By focusing on what they knew, Organized Noize and OutKast found the world coming to them, rather than needing to push for attention. The record sold half a million copies in the first few months, and was certified platinum within a year. Critics lauded the fusion of p-funk influences, live instrumentation, and bold coming-of-age tales of life in the modern South. Organized Noize's writing and production were injected with the electric personality of André 3000 and Big Boi, while the young rappers found a frenetic footing for their burgeoning talents. "I can't explain the gravity, attraction, or soundscape of that record. We were merely hired young guns that only rapped on the record, which [Organized Noize] produced in its entirety," Benjamin says.

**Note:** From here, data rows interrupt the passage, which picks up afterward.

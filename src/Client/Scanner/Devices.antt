-- ===== src/Client/Scanner/Devices.antt =====
-- A device that the helper reports is known to the client.
use bluepy.Client.Parse.Plain.{plain-IsCleanText}
use bluepy.Client.Peripheral.Lines.{resp_of}
use bluepy.Protocol.Responses.{line, addr_fields, field, reversed_bytes}
use bluepy.Client.Parse.RoundTrip.{parse_resp-encode, IsCleanField}
use bluepy.Common.Hex.Digits.{All}
use bluepy.Client.Wait.{lookup, first_value}
use bluepy.Common.Int.{negate, negsuc, to_u32}
use bluepy.Client.Scan.{Report}
use bluepy.Protocol.{
  tag_response, tag_flag, tag_type, tag_rssi, tag_data, tag_addr, rsp_scan, AddrInfo,
}
use bluepy.Mgmt.Notices.{DeviceFound}
use bluepy.Protocol.Wire.{sym as symbol, uint, bytes, Field}
use bluepy.Client.Parse.{ok, parse_resp, PyValue, add_value}
use bluepy.Client.Scanner.{ScannedDevices, addr_text, take_scan, report_of, on_scan}
use bluepy.Common.{
  refl, false, ltb, ◌%◌, none, ◌++◌, true, zero, arith, some, ◌-◌, gather, suc, codes, List, ◌^◌,
  if◌then◌else◌, byte_at, Bool, ◌≡◌, Text, ◌<◌, ℕ, [], ◌∷◌,
}

module _ (addr : AddrInfo) (rssi flags : ℕ) (payload : Text) where
  -- The fields of a scan response, with or without data.
  abbrev pub fields_if : Bool → List Field
  fields_if has_data =
      addr_fields addr
      ++ field tag_rssi (uint rssi)
        ∷ field tag_flag (uint flags)
        ∷ ((if has_data then field tag_data (bytes payload) ∷ [] else []) ++ [])

  -- The values that the client takes from them.
  abbrev pub report_if : Bool → Report
  report_if has_data = record {
    type_number = addr.addr_type;
    rssi = rssi;
    flag = flags;
    payload = if has_data then some payload else none;
  }

  report_of-fields :
      (has_data : Bool)
      → report_of (resp_of rsp_scan (fields_if has_data)) ≡ some (report_if has_data)
  unfolding report_of first_value lookup add_value
  report_of-fields true = refl
  report_of-fields false = refl

  addr-fields :
      (has_data : Bool)
      → first_value (codes "addr") (resp_of rsp_scan (fields_if has_data))
        ≡ some (PyValue.bytes (reversed_bytes addr.bdaddr 6))
  unfolding first_value lookup add_value
  addr-fields true = refl
  addr-fields false = refl

  pub on_scan-fields :
      (has_data : Bool) (scanned : ScannedDevices)
      → on_scan (resp_of rsp_scan (fields_if has_data)) scanned
        ≡ take_scan (addr_text (reversed_bytes addr.bdaddr 6)) (report_if has_data) scanned
  unfolding on_scan
  on_scan-fields has_data scanned = rw (on_scan, addr-fields has_data, report_of-fields has_data)

  byte_at-bound : (s : Text) (i : ℕ) → All (λ b. b < 256) s → byte_at s i < 256
  byte_at-bound [] i h = omega arith
  byte_at-bound (c ∷ s) zero h = h.0
  byte_at-bound (c ∷ s) (suc i) h = byte_at-bound s i h.1

  reversed-bound :
      (s : Text) (n : ℕ) → All (λ b. b < 256) s → All (λ b. b < 256) (reversed_bytes s n)
  reversed-bound s zero h = tt
  reversed-bound s (suc n) h = (byte_at-bound s n h, reversed-bound s n h)

  data-IsCleanField :
      (has_data : Bool)
      → All (λ b. b < 256) payload
      → All IsCleanField ((if has_data then field tag_data (bytes payload) ∷ [] else []) ++ [])
  data-IsCleanField true h = ((plain-IsCleanText tag_data refl, h), tt)
  data-IsCleanField false h = tt

  pub fields-IsCleanField :
      (has_data : Bool)
      → All (λ b. b < 256) addr.bdaddr
      → addr.addr_type < 2 ^ 32
      → rssi < 2 ^ 32
      → flags < 2 ^ 32
      → All (λ b. b < 256) payload
      → All IsCleanField (fields_if has_data)
  fields-IsCleanField has_data a t r f p = (
    (plain-IsCleanText tag_addr refl, reversed-bound addr.bdaddr 6 a),
    (
      (plain-IsCleanText tag_type refl, t),
      (
        (plain-IsCleanText tag_rssi refl, r),
        ((plain-IsCleanText tag_flag refl, f), data-IsCleanField has_data p),
      ),
    ),
  )

  pub parse_resp-fields :
      (has_data : Bool)
      → All (λ b. b < 256) addr.bdaddr
      → addr.addr_type < 2 ^ 32
      → rssi < 2 ^ 32
      → flags < 2 ^ 32
      → All (λ b. b < 256) payload
      → parse_resp (line rsp_scan (fields_if has_data)) ≡ ok (resp_of rsp_scan (fields_if has_data))
  parse_resp-fields has_data a t r f p =
      parse_resp-encode (field tag_response (symbol rsp_scan)) (fields_if has_data)
        (plain-IsCleanText (codes "rsp") refl, plain-IsCleanText rsp_scan refl)
        (fields-IsCleanField has_data a t r f p)

-- The device as the management interface reports it: its strength is a negative number of a byte,
-- and its address, flags and data are of the sizes that they have there.
pub record IsReport (ev : DeviceFound) : Type 0 where
  pub strength : (n : ℕ) × (ev.rssi ≡ negsuc n) × (n < 128)
  pub address : All (λ b. b < 256) ev.addr.bdaddr
  pub address_type : ev.addr.addr_type < 256
  pub some_flags : ev.flags < 2 ^ 32
  pub eir_bytes : All (λ b. b < 256) (gather ev.eir 0 ev.eir_len)

-- What the client takes from the response to such a device.
abbrev pub report_on : DeviceFound → Report
report_on ev =
    report_if ev.addr (to_u32 (negate ev.rssi)) ((2 ^ 32 - ev.flags) % 2 ^ 32)
      (gather ev.eir 0 ev.eir_len) (ltb 0 ev.eir_len)
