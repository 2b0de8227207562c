-- ===== src/Client/Scanner/Control/Processing.antt =====
-- How `process` goes with the devices that the helper reports.
use bluepy.Status.Lines.{status_fields}
use bluepy.Client.Parse.Plain.{plain-IsCleanText}
use bluepy.Client.Talk.Lines.{wait_resp-line}
use bluepy.Client.Peripheral.{fetched}
use bluepy.Client.Scanner.Control.Starting.{mgmt_cmd-succeeded, succeeded, AllIgnored}
use bluepy.Client.Peripheral.Connect.Handshake.{state-value, status-IsCleanField, IsCleanStatus}
use bluepy.Client.Peripheral.Lines.{first_value-resp_of, resp_of}
use bluepy.Common.Int.{to_u32-bound, negate, to_u32}
use bluepy.Client.Parse.RoundTrip.{IsCleanField}
use bluepy.Protocol.{rsp_status, rsp_scan}
use bluepy.Protocol.Responses.{reversed_bytes, line}
use bluepy.Client.Wait.{wait_rest, response, wait_resp}
use bluepy.Common.Hex.Digits.{All}
use bluepy.Client.Scanner.Devices.{
  fields-IsCleanField, on_scan-fields, report_on, fields_if, IsReport,
}
use bluepy.Client.Scanner.{take_scan, addr_text, on_scan, Discovery, ScannedDevices}
use bluepy.Protocol.Wire.{Field}
use bluepy.Mgmt.Notices.{DeviceFound}
use bluepy.Client.Scanner.Control.{scan_word, process_types, on_stat, Seen, on_process, process}
use bluepy.Client.Talk.{value_of}
use bluepy.Common.{
  zero, ◌∙◌, inr, inl, Option-cases, codes, refl, ltb, gather, ◌%◌, arith, ◌-◌, ◌^◌, suc, map, none,
  ◌≡◌, ◌<◌, length, ◌++◌, some, Text, ℕ, Bool, List, Option, [], ◌∷◌,
}
use bluepy.World.{World, disconnected}

-- The response in which the helper reports a device.
abbrev pub device_fields : DeviceFound → List Field
device_fields ev =
    fields_if ev.addr (to_u32 (negate ev.rssi)) ((2 ^ 32 - ev.flags) % 2 ^ 32)
      (gather ev.eir 0 ev.eir_len) (ltb 0 ev.eir_len)

abbrev pub device_line : DeviceFound → Text
device_line ev = line rsp_scan (device_fields ev)

-- The text of the address of a device.
abbrev pub device_addr : DeviceFound → Text
device_addr ev = addr_text (reversed_bytes ev.addr.bdaddr 6)

abbrev after_scan :
    Option (ScannedDevices × Discovery) → List Discovery → (Seen → Option Seen) → Option Seen
after_scan none told next = none
after_scan (some (scanned, found)) told next = next (scanned, told ++ (found ∷ []))

-- One device after the other is looked up, updated and told to the delegate; none if the type of an
-- address changes.
abbrev pub take_devices : List DeviceFound → Seen → Option Seen
take_devices [] seen = some seen
take_devices (ev ∷ evs) (scanned, told) =
    after_scan (take_scan (device_addr ev) (report_on ev) scanned) told (take_devices evs)

device-IsCleanField : (ev : DeviceFound) → IsReport ev → All IsCleanField (device_fields ev)
device-IsCleanField ev h =
    let small : ev.addr.addr_type < 2 ^ 32 = let t = h.address_type in omega arith in
    fields-IsCleanField ev.addr (to_u32 (negate ev.rssi)) ((2 ^ 32 - ev.flags) % 2 ^ 32)
      (gather ev.eir 0 ev.eir_len) (ltb 0 ev.eir_len) h.address small
      (to_u32-bound (negate ev.rssi)) (omega arith) h.eir_bytes

device-wait :
    (ev : DeviceFound) (rest : List Text)
    → IsReport ev
    → (wait_resp process_types (device_line ev ∷ rest)
        ≡ response (resp_of rsp_scan (device_fields ev)))
      × (wait_rest process_types (device_line ev ∷ rest) ≡ rest)
device-wait ev rest h =
    wait_resp-line process_types rsp_scan (device_fields ev) [] rest
      (plain-IsCleanText rsp_scan refl) (device-IsCleanField ev h) refl tt

on_scan-device :
    (ev : DeviceFound) (scanned : ScannedDevices)
    → on_scan (resp_of rsp_scan (device_fields ev)) scanned
      ≡ take_scan (device_addr ev) (report_on ev) scanned
on_scan-device ev scanned =
    on_scan-fields ev.addr (to_u32 (negate ev.rssi)) ((2 ^ 32 - ev.flags) % 2 ^ 32)
      (gather ev.eir 0 ev.eir_len) (ltb 0 ev.eir_len) scanned

-- One round with the report of a device.
process-device :
    (passive : Bool) (rounds : ℕ) (ev : DeviceFound) (rest : List Text)
    (scanned now : ScannedDevices) (told : List Discovery) (found : Discovery)
    → IsReport ev
    → take_scan (device_addr ev) (report_on ev) scanned ≡ some (now, found)
    → process passive (suc rounds) (scanned, told) (device_line ev ∷ rest)
      ≡ process passive rounds (now, told ++ (found ∷ [])) rest
unfolding process on_process value_of
process-device passive rounds ev rest scanned now told found h e =
    rw
      (
        process,
        (device-wait ev rest h).0,
        (device-wait ev rest h).1,
        on_process,
        value_of,
        first_value-resp_of rsp_scan (device_fields ev),
        on_scan-device ev scanned,
        e,
      )
      refl

some-injective : (s t : Seen) → some s ≡ some t → s ≡ t
some-injective s t e = cc

-- The helper reports the devices one after the other, and nothing else, and there are more rounds
-- than devices. Where no address changes its type, `process` returns when no line is left, writes
-- nothing, and has looked up, updated and told the delegate each device, in their order.
pub process-devices :
    (passive : Bool) (rounds : ℕ) (evs : List DeviceFound) (seen now : Seen)
    → All IsReport evs
    → length evs < rounds
    → take_devices evs seen ≡ some now
    → process passive rounds seen (map device_line evs)
      ≡ record { outcome = fetched now; written = []; left = [] }
unfolding process wait_resp wait_rest
process-devices passive zero evs seen now h enough e = absurd (omega arith)
process-devices passive (suc rounds) [] seen now h enough e = rw (some-injective seen now e) refl
process-devices passive (suc rounds) (ev ∷ evs) (scanned, told) now (h, hs) enough e =
    elim (Option-cases (take_scan (device_addr ev) (report_on ev) scanned)) [
      | inl f ↦ let missing : none ≡ some now = rw f at e in cc
      | inr ((next, found), f) ↦
          process-device passive rounds ev (map device_line evs) scanned next told found h f
          ∙ process-devices passive rounds evs (next, told ++ (found ∷ [])) now hs (omega arith)
              (rw f at e)
    ]

-- A scan that ends while the client processes it is started again: where the helper reports that it
-- is disconnected and answers the command with success, behind lines that are skipped, the command to
-- scan is written, and the rounds go on behind these lines with the same devices.
pub process-restarts :
    (passive : Bool) (rounds : ℕ) (w : World) (seen : Seen) (before after : List Text)
    → w.conn_state ≡ disconnected
    → IsCleanStatus w
    → AllIgnored before
    → process passive (suc rounds) seen (line rsp_status (status_fields w) ∷ succeeded before after)
      ≡ (let r = process passive rounds seen after in
          record {
            outcome = r.outcome;
            written = (scan_word passive ++ codes "\n") ∷ r.written;
            left = r.left;
          })
unfolding process on_process on_stat value_of
process-restarts passive rounds w seen before after c clean ignored =
    let lines = succeeded before after in
    let (r, l) =
      wait_resp-line process_types rsp_status (status_fields w) [] lines
        (plain-IsCleanText rsp_status refl) (status-IsCleanField w clean) refl tt in
    rw
      (
        process,
        r,
        l,
        on_process,
        value_of,
        first_value-resp_of rsp_status (status_fields w),
        on_stat,
        value_of,
        state-value w disconnected c,
        mgmt_cmd-succeeded (scan_word passive) before after ignored,
      )
      refl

Beyond the traditional critical acclaim, the record had people within the entertainment world buzzing as well. Legendary director John Singleton had been a big enough fan of Southernplayalisticadillacmuzik that he reached out to Organized Noize when he began production on Higher Learning. "John Singleton said that a lot of the movie was based on Big Rube's interludes on this album," Murray says. "In essence, Ice Cube is playing Big Rube off of Southernplayalistic in that movie."

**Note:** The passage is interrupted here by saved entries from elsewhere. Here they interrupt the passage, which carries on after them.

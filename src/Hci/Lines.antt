-- ===== src/Hci/Lines.antt =====
-- The two responses that report a device: by the management interface, and by the HCI socket.
use bluepy.Common.{ℕ, ◌-◌, ◌%◌, ◌^◌, List, [], ◌∷◌, ◌++◌, Text, gather, ltb, if◌then◌else◌}
use bluepy.Common.Int.{negate, to_u32}
use bluepy.Protocol.{AddrInfo, rsp_scan, tag_rssi, tag_flag, tag_data}
use bluepy.Protocol.Wire.{Field, uint, bytes}
use bluepy.Protocol.Responses.{
  field, addr_fields, Sends-skip, Sends-if, Sends-uint, Sends-data, Sends-addr, Finishes->>,
  Finishes-end, Prints, Prints-response,
}
use bluepy.Mgmt.Notices.{DeviceFound, report_device}
use bluepy.Hci.Monitor.{Advertising, report_advertising}

-- The fields of a scan response; the data is left out if it is empty.
abbrev pub scan_fields : AddrInfo → ℕ → ℕ → ℕ → Text → List Field
scan_fields addr rssi flags len payload =
    addr_fields addr
    ++ field tag_rssi (uint rssi)
      ∷ field tag_flag (uint flags)
      ∷ ((if ltb 0 len then field tag_data (bytes payload) ∷ [] else []) ++ [])

-- A device that the controller has found is reported in one response: its address and the type of
-- it, the signal strength and the flags as the code negates them, and the data if there is any.
pub report_device-line :
    (ev : DeviceFound)
    → Prints (report_device ev) rsp_scan (
        scan_fields ev.addr
          (to_u32 (negate ev.rssi))
          ((2 ^ 32 - ev.flags) % 2 ^ 32)
          ev.eir_len
          (gather ev.eir 0 ev.eir_len))
unfolding report_device
report_device-line ev = Prints-response rsp_scan (
    Finishes->> (Sends-addr ev.addr) (
      Finishes->> (Sends-uint tag_rssi _) (
        Finishes->> (Sends-uint tag_flag _)
          (Finishes->> (Sends-if (ltb 0 ev.eir_len) (Sends-data _) Sends-skip) Finishes-end))))

-- An advertising report is reported in one response: the address and the type of it, 256 less the
-- byte of the signal strength, a flag that is always 0, and the data if there is any.
pub report_advertising-line :
    (ev : Advertising)
    → Prints
        (report_advertising ev)
        rsp_scan
        (scan_fields ev.addr (256 - ev.rssi) 0 ev.length ev.payload)
unfolding report_advertising
report_advertising-line ev = Prints-response rsp_scan (
    Finishes->> (Sends-addr ev.addr) (
      Finishes->> (Sends-uint tag_rssi _) (
        Finishes->> (Sends-uint tag_flag _)
          (Finishes->> (Sends-if (ltb 0 ev.length) (Sends-data _) Sends-skip) Finishes-end))))

-- A device that is found is reported in one response with its address and the type of it, a signal
-- strength, flags, and the data if there is any: by the management interface with the strength and the
-- flags as the code negates them, and by the HCI socket with 256 less the byte of the strength, and 0.
pub scan-lines :
    (ev : DeviceFound) (adv : Advertising)
    → Prints (report_device ev) rsp_scan (
        scan_fields ev.addr
          (to_u32 (negate ev.rssi))
          ((2 ^ 32 - ev.flags) % 2 ^ 32)
          ev.eir_len
          (gather ev.eir 0 ev.eir_len))
      × Prints
          (report_advertising adv)
          rsp_scan
          (scan_fields adv.addr (256 - adv.rssi) 0 adv.length adv.payload)
scan-lines ev adv = (report_device-line ev, report_advertising-line adv)
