-- ===== src/Client/Scanner/Reports.antt =====
-- A device that the controller finds, from the management interface to the devices of the client.
use bluepy.Protocol.{rsp_scan}
use bluepy.Client.Peripheral.Lines.{resp_of}
use bluepy.Hci.Lines.{report_device-line}
use bluepy.Protocol.Responses.{reversed_bytes}
use bluepy.Client.Scan.{addr_type_of, update, type_changed, ScanEntry, take_report}
use bluepy.Common.Int.{to_u32-bound, negate, to_u32}
use bluepy.Client.Scanner.Devices.{
  on_scan-fields, parse_resp-fields, fields_if, report_on, IsReport,
}
use bluepy.Client.Scanner.{
  on_scan, take_scan, known_or_new, addr_text, Discovery, ScannedDevices, put_device, find_device,
}
use bluepy.Mgmt.Notices.{device_found_size, mgmt_device_found, DeviceFound}
use bluepy.Common.{
  ◌∙◌, true, ◌++◌, refl, ◌+◌, not, arith, ◌==◌, ◌/◌, List, ◌%◌, gather, false, ◌-◌, ltb, leb, some,
  ◌^◌, ◌≡◌, if◌then◌else◌, Text, ◌<◌, ℕ,
}
use bluepy.Client.Parse.{ok, parse_resp, Resp}
use bluepy.World.{printed_text, ret, assert, Event, get, scanning, World, ◌>>=◌, ◌>>◌}

-- The address of the device, as the client writes it.
abbrev pub address_of : DeviceFound → Text
address_of ev = addr_text (reversed_bytes ev.addr.bdaddr 6)

-- What the client knows of the device, which may be nothing.
abbrev pub known_device : DeviceFound → ScannedDevices → ScanEntry
known_device ev scanned = known_or_new (find_device (address_of ev) scanned)

-- The device has the type of address that is known of it, if one is.
abbrev pub KeepsType : DeviceFound → ScannedDevices → Type 0
KeepsType ev scanned =
    type_changed (known_device ev scanned).addr_type (addr_type_of ev.addr.addr_type) ≡ false

abbrev learnt : DeviceFound → ScannedDevices → ScanEntry
learnt ev scanned = (take_report (report_on ev) (known_device ev scanned)).0

abbrev told_of : DeviceFound → ScannedDevices → Discovery
told_of ev scanned = record {
  dev = learnt ev scanned;
  is_new_dev = leb (learnt ev scanned).update_count 1;
  is_new_data = (take_report (report_on ev) (known_device ev scanned)).1;
}

module _ (ev : DeviceFound) (v : World) (scanned : ScannedDevices) (h : IsReport ev)
    (c : v.conn_state ≡ scanning) (kept : KeepsType ev scanned) where
  -- The response of the helper, and what the client does with it.
  device-taken :
      (es : List Event) × (resp : Resp) × (mgmt_device_found (device_found_size + ev.eir_len) ev v
        ≡ ret tt (record v { trace = es ++ v.trace }))
      × (parse_resp (printed_text es) ≡ ok resp)
      × (on_scan resp scanned
          ≡ some (put_device (address_of ev) (learnt ev scanned) scanned, told_of ev scanned))
  unfolding mgmt_device_found ◌>>=◌ ◌>>◌ get assert take_scan update
  device-taken =
      let (es, eq, shown, only) =
        (report_device-line ev).emits (record v { conn_state = scanning }) in
      let rssi = to_u32 (negate ev.rssi) in
      let flags = (2 ^ 32 - ev.flags) % 2 ^ 32 in
      let payload = gather ev.eir 0 ev.eir_len in
      let small : ev.addr.addr_type < 2 ^ 32 = let t = h.address_type in omega arith in
      let same : (device_found_size + ev.eir_len == device_found_size + ev.eir_len) ≡ true =
        ground arith in
      (
        es,
        resp_of rsp_scan (fields_if ev.addr rssi flags payload (ltb 0 ev.eir_len)),
        rw (same, c) eq,
        rw shown (
            parse_resp-fields ev.addr rssi flags payload (ltb 0 ev.eir_len) h.address small
              (to_u32-bound (negate ev.rssi)) (omega arith) h.eir_bytes),
        on_scan-fields ev.addr rssi flags payload (ltb 0 ev.eir_len) scanned
            ∙ rw (take_scan, update, kept) refl,
      )

-- Bit 2 of the negated flags.
negated_bit :
    (f : ℕ)
    → f < 8
    → ((2 ^ 32 - f) % 2 ^ 32 / 4 % 2 == 0)
      ≡ (if f % 4 == 0 then f / 4 % 2 == 0 else not (f / 4 % 2 == 0))
negated_bit f h = ground arith

-- For such a device with flags below 8, of which bit 2 tells that it cannot be connected, what the
-- client makes of the response of the helper and tells the delegate about whether it can be connected
-- is right if the other two bits are 0, and is the opposite of what is right if one of them is set.
pub on_scan-flags :
    (ev : DeviceFound) (v : World) (scanned : ScannedDevices)
    → IsReport ev
    → v.conn_state ≡ scanning
    → KeepsType ev scanned
    → ev.flags < 8
    → (es : List Event) × (resp : Resp) × (now : ScannedDevices) × (told : Discovery)
      × (mgmt_device_found (device_found_size + ev.eir_len) ev v
          ≡ ret tt (record v { trace = es ++ v.trace }))
      × (parse_resp (printed_text es) ≡ ok resp)
      × (on_scan resp scanned ≡ some (now, told))
      × (told.dev.connectable
          ≡ (if ev.flags % 4 == 0 then ev.flags / 4 % 2 == 0 else not (ev.flags / 4 % 2 == 0)))
unfolding take_report
on_scan-flags ev v scanned h c kept low =
    let (es, resp, ran, parsed, taken) = device-taken ev v scanned h c kept in
    (
      es,
      resp,
      put_device (address_of ev) (learnt ev scanned) scanned,
      told_of ev scanned,
      ran,
      parsed,
      taken,
      negated_bit ev.flags low,
    )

Now, 25 years later, the record has only grown more beloved, garnered more of a following and inspired more growing artists and enlivened more lives. But for the men involved in the record's creation, listening back to Southernplayalisticadillacmuzik is more of a complex proposition. "I actually cringe now when listening to it because I hear how I was still trying to find who I was as a young man with many influences—good and bad," Benjamin says. "I was only about three years away from living a pretty strict life with just my mom and I, so I was essentially still a momma's boy that got sent to live with my dad and that's when I met Big Boi. Then we met Rico, Ray, Sleepy, Gipp and what would later become The Dungeon Family."

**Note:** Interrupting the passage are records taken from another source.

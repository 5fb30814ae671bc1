-- ===== src/Decode/Vs/Refusals.antt =====
-- What `decode_vs_chunk` answers to each header that the allocator can store.
use dbgscope.Base.{ℕ, ◌+◌, ◌*◌, ◌^◌, ◌≤◌, ◌<◌, ◌≡◌, arith, Result, ok, err, ◌⊎◌}
use dbgscope.Base.Words.{u64_max}
use dbgscope.Decode.Vs.{VsSizes, VsChunk, VsRejection, decode_vs_chunk, check_vs_chunk}
use dbgscope.Decode.Vs.Mix.{encode_vs_sizes, decode_vs_sizes-encode_vs_sizes}
use Prim.Native.String.{String}

-- A rejection of a chunk, in bytes of its sixteen-byte units, with the word as it was read.
abbrev pub refusal : String → VsSizes → ℕ → Result VsChunk VsRejection
refusal reason s encoded = err (record {
  reason = reason;
  size = 16 * s.size;
  previous_size = 16 * s.previous_size;
  encoded = encoded;
})

-- Which answer the chunk of a stored word has to get.
abbrev pub Answers : VsSizes → ℕ → ℕ → ℕ → ℕ → Result VsChunk VsRejection → Type 0
Answers s encoded header header_bytes subsegment_end answer =
    (s.size ≡ 0) × (answer ≡ refusal "the size word decodes to zero" s encoded)
    ⊎ (0 < s.size)
      × (16 * s.size < header_bytes)
      × (answer ≡ refusal "the chunk is smaller than its own headers" s encoded)
    ⊎ (0 < s.size)
      × (header_bytes ≤ 16 * s.size)
      × (subsegment_end < header + 16 * s.size)
      × (answer ≡ refusal "the chunk runs past the end of its subsegment" s encoded)
    ⊎ (0 < s.size)
      × (header_bytes ≤ 16 * s.size)
      × (header + 16 * s.size ≤ subsegment_end)
      × (answer
          ≡ ok (record {
            size = 16 * s.size;
            previous_size = 16 * s.previous_size;
            allocated = s.allocated;
          }))

check_vs_chunk-Answers :
    (s : VsSizes) (encoded header header_bytes subsegment_end : ℕ)
    → s.size < 2 ^ 16
    → s.previous_size < 2 ^ 16
    → subsegment_end < u64_max
    → Answers s encoded header header_bytes subsegment_end
        (check_vs_chunk s encoded header header_bytes subsegment_end)
unfolding check_vs_chunk
check_vs_chunk-Answers s encoded header header_bytes subsegment_end p q below = ground arith

-- Where the subsegment ends below the last address, the word that the allocator stores for a chunk,
-- whatever its keys and its 16 low bits, is answered by what the chunk is: one without a unit, one
-- smaller than its headers and one that ends behind its subsegment are refused, in this order and for
-- that reason, with both sizes in bytes and the word as it was read; every other chunk is accepted.
pub decode_vs_chunk_refuses :
    (s : VsSizes) (low header heap_key header_bytes subsegment_end : ℕ)
    → low < 2 ^ 16
    → s.size < 2 ^ 16
    → s.previous_size < 2 ^ 16
    → subsegment_end < u64_max
    → Answers s (encode_vs_sizes s low header heap_key) header header_bytes subsegment_end (
        decode_vs_chunk
          (encode_vs_sizes s low header heap_key)
          header
          heap_key
          header_bytes
          subsegment_end)
unfolding decode_vs_chunk
decode_vs_chunk_refuses s low header heap_key header_bytes subsegment_end l p q below =
    rw (decode_vs_sizes-encode_vs_sizes s low header heap_key l p q)
      (check_vs_chunk-Answers s _ header header_bytes subsegment_end p q below)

Murray, meanwhile, listens to the record from time to time as a reminder of the fire of that moment. "We just had the competitive spirit of young lions looking at old lions,: he laughs. "I have all faith in God, I put it all on the record, and faith is rewarded because people are saved by it. We’re still talking about Southernplayalisticadillacmuzik 25 years later."
But, perhaps most important, both in propelling their growth as artists and a tight-knit group that would go on to produce more mind-blowing records, Benjamin looks back to the debut as a family affair, an experience of discovering a whole new life. "Rico, Ray, Sleepy, Gipp, and what would later become The Dungeon Family—I watched and learned from them like big brothers. I'm an only child so this was great for me," he says. "Another world opened up for me then and it came fast. The characters I met, the experiences, the odd trying to fit in, trying to belong to something is all heard on that record. I cringe to my rhyming because I could barely even pronounce my words clearly. And I can hear all of my influences. As time went on, I heard more and more confidence in myself and that inspired more freedom to explore. I've found some creative freedom and have developed a little more in areas. I’m always concerned with the discovery or newness of things, which keeps me invested. Otherwise, I'm dead."